▶

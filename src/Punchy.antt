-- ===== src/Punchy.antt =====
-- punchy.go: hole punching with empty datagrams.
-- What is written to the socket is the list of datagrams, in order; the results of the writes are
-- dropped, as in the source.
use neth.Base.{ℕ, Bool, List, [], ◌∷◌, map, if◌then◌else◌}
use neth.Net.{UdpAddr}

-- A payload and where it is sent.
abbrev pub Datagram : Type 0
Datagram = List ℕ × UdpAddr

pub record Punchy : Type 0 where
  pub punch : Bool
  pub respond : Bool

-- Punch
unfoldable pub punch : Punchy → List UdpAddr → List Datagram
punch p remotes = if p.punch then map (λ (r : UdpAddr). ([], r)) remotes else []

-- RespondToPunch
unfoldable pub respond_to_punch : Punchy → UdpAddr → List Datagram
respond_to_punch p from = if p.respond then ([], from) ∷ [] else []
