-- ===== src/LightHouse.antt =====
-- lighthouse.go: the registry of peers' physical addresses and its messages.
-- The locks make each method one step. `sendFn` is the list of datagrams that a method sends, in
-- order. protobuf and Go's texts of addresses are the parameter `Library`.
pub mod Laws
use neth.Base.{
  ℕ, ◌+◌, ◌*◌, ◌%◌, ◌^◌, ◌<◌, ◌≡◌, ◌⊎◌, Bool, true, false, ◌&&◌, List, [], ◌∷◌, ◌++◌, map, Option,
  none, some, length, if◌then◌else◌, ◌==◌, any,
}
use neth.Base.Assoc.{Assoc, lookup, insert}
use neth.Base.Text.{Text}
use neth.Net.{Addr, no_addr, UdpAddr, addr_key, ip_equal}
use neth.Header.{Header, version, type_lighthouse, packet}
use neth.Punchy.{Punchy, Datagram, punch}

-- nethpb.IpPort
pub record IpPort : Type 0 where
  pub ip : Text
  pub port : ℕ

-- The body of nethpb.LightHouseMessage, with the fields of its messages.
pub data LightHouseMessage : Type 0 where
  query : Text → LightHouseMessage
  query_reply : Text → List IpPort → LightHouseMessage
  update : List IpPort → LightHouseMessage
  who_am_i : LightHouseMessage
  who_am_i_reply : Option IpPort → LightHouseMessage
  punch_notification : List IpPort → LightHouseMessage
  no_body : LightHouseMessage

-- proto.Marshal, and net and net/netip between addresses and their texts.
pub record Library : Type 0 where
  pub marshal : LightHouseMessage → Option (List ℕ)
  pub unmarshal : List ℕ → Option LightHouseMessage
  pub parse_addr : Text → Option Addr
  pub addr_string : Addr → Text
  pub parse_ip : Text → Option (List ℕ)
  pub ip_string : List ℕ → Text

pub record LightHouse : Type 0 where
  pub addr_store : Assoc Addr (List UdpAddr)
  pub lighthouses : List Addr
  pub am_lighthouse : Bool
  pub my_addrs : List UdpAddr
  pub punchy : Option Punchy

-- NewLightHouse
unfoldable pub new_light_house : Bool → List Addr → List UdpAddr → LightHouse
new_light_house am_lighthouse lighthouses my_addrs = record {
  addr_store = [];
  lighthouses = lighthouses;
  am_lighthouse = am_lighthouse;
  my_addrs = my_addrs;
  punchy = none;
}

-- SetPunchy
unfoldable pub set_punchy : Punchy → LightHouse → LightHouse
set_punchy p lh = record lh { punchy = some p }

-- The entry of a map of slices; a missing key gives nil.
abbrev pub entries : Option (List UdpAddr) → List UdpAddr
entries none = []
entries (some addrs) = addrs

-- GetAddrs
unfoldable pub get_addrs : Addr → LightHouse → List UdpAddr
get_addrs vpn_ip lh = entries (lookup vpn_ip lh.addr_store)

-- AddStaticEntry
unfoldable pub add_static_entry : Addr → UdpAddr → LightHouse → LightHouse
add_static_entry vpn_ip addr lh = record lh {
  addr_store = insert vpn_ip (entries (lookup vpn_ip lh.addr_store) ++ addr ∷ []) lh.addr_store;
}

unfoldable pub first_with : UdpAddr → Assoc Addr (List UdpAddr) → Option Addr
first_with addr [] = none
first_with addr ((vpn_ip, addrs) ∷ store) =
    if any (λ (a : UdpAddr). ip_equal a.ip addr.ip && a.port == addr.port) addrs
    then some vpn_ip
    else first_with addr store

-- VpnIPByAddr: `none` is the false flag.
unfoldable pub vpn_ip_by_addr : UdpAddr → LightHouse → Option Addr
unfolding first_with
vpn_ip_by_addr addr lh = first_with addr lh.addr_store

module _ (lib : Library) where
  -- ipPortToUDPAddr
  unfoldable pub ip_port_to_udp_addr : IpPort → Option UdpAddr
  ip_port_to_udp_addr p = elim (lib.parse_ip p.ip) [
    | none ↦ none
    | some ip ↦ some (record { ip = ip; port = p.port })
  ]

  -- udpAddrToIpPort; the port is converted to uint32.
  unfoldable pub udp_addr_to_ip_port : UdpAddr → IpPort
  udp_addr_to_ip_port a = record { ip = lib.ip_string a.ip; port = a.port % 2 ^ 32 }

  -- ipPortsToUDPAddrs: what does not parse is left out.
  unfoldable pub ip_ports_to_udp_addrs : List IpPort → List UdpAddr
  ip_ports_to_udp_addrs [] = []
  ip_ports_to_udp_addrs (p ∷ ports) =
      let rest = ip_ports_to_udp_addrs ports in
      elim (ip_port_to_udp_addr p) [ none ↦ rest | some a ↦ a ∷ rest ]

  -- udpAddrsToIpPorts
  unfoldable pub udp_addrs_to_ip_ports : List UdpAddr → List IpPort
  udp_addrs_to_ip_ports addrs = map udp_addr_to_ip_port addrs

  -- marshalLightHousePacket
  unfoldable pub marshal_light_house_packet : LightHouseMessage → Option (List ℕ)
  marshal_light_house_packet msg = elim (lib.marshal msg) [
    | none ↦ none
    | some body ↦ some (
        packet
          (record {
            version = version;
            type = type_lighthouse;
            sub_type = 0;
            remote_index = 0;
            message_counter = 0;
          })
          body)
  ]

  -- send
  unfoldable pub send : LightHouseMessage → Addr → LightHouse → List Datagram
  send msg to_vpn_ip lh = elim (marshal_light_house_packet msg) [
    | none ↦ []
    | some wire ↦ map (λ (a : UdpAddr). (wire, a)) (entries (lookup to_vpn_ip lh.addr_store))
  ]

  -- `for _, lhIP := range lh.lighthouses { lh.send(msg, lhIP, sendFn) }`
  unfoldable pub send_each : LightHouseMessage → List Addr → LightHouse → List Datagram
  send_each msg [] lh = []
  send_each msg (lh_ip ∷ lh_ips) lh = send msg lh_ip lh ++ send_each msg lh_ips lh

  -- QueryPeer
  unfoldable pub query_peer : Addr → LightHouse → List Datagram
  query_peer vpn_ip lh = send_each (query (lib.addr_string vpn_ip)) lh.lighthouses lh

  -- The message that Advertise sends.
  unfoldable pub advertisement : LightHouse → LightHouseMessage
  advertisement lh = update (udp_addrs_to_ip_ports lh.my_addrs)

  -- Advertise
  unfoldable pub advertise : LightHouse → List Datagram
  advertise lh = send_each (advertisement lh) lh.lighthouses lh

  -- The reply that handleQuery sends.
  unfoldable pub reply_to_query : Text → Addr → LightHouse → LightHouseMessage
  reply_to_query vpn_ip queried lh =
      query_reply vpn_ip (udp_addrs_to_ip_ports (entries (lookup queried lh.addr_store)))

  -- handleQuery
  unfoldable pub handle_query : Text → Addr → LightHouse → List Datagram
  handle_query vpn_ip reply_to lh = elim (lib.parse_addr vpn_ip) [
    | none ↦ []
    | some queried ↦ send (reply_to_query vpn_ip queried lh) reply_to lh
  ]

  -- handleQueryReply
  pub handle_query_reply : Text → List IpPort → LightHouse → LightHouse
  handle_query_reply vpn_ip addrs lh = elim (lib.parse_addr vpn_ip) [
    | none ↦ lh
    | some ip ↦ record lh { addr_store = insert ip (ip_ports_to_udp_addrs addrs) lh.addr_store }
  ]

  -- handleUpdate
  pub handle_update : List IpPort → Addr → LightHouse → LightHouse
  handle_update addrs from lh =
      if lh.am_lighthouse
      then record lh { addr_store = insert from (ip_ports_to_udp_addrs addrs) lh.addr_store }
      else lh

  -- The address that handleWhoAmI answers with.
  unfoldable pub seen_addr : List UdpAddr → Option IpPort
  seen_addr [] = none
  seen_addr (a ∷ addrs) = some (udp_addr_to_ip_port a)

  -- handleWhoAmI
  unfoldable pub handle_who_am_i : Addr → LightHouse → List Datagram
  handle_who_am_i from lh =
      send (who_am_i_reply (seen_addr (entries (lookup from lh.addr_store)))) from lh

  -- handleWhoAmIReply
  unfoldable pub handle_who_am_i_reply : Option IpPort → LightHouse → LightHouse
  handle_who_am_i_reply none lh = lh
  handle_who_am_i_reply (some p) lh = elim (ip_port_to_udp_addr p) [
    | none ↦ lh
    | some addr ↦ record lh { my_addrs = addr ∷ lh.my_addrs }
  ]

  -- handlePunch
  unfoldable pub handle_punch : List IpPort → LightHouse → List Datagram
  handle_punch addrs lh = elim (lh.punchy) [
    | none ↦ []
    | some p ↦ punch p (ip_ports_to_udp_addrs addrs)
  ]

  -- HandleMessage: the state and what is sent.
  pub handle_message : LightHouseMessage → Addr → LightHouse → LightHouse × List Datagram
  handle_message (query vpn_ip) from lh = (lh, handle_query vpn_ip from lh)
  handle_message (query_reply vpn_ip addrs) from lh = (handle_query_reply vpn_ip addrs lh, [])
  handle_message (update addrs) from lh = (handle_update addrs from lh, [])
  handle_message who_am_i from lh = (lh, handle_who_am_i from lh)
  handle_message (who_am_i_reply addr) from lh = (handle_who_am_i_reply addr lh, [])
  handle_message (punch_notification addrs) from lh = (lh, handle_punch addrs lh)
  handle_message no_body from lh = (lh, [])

◀

Exercise objective
Where the data above reaches the line holding "no_body : LightHouseMessage", begin printing, and stop after the line holding "if any (λ (a". Each line must be reproduced exactly, with nothing else added.

Response for this exercise
  no_body : LightHouseMessage

-- proto.Marshal, and net and net/netip between addresses and their texts.
pub record Library : Type 0 where
  pub marshal : LightHouseMessage → Option (List ℕ)
  pub unmarshal : List ℕ → Option LightHouseMessage
  pub parse_addr : Text → Option Addr
  pub addr_string : Addr → Text
  pub parse_ip : Text → Option (List ℕ)
  pub ip_string : List ℕ → Text

pub record LightHouse : Type 0 where
  pub addr_store : Assoc Addr (List UdpAddr)
  pub lighthouses : List Addr
  pub am_lighthouse : Bool
  pub my_addrs : List UdpAddr
  pub punchy : Option Punchy

-- NewLightHouse
unfoldable pub new_light_house : Bool → List Addr → List UdpAddr → LightHouse
new_light_house am_lighthouse lighthouses my_addrs = record {
  addr_store = [];
  lighthouses = lighthouses;
  am_lighthouse = am_lighthouse;
  my_addrs = my_addrs;
  punchy = none;
}

-- SetPunchy
unfoldable pub set_punchy : Punchy → LightHouse → LightHouse
set_punchy p lh = record lh { punchy = some p }

-- The entry of a map of slices; a missing key gives nil.
abbrev pub entries : Option (List UdpAddr) → List UdpAddr
entries none = []
entries (some addrs) = addrs

-- GetAddrs
unfoldable pub get_addrs : Addr → LightHouse → List UdpAddr
get_addrs vpn_ip lh = entries (lookup vpn_ip lh.addr_store)

-- AddStaticEntry
unfoldable pub add_static_entry : Addr → UdpAddr → LightHouse → LightHouse
add_static_entry vpn_ip addr lh = record lh {
  addr_store = insert vpn_ip (entries (lookup vpn_ip lh.addr_store) ++ addr ∷ []) lh.addr_store;
}

unfoldable pub first_with : UdpAddr → Assoc Addr (List UdpAddr) → Option Addr
first_with addr [] = none
first_with addr ((vpn_ip, addrs) ∷ store) =
    if any (λ (a : UdpAddr). ip_equal a.ip addr.ip && a.port == addr.port) addrs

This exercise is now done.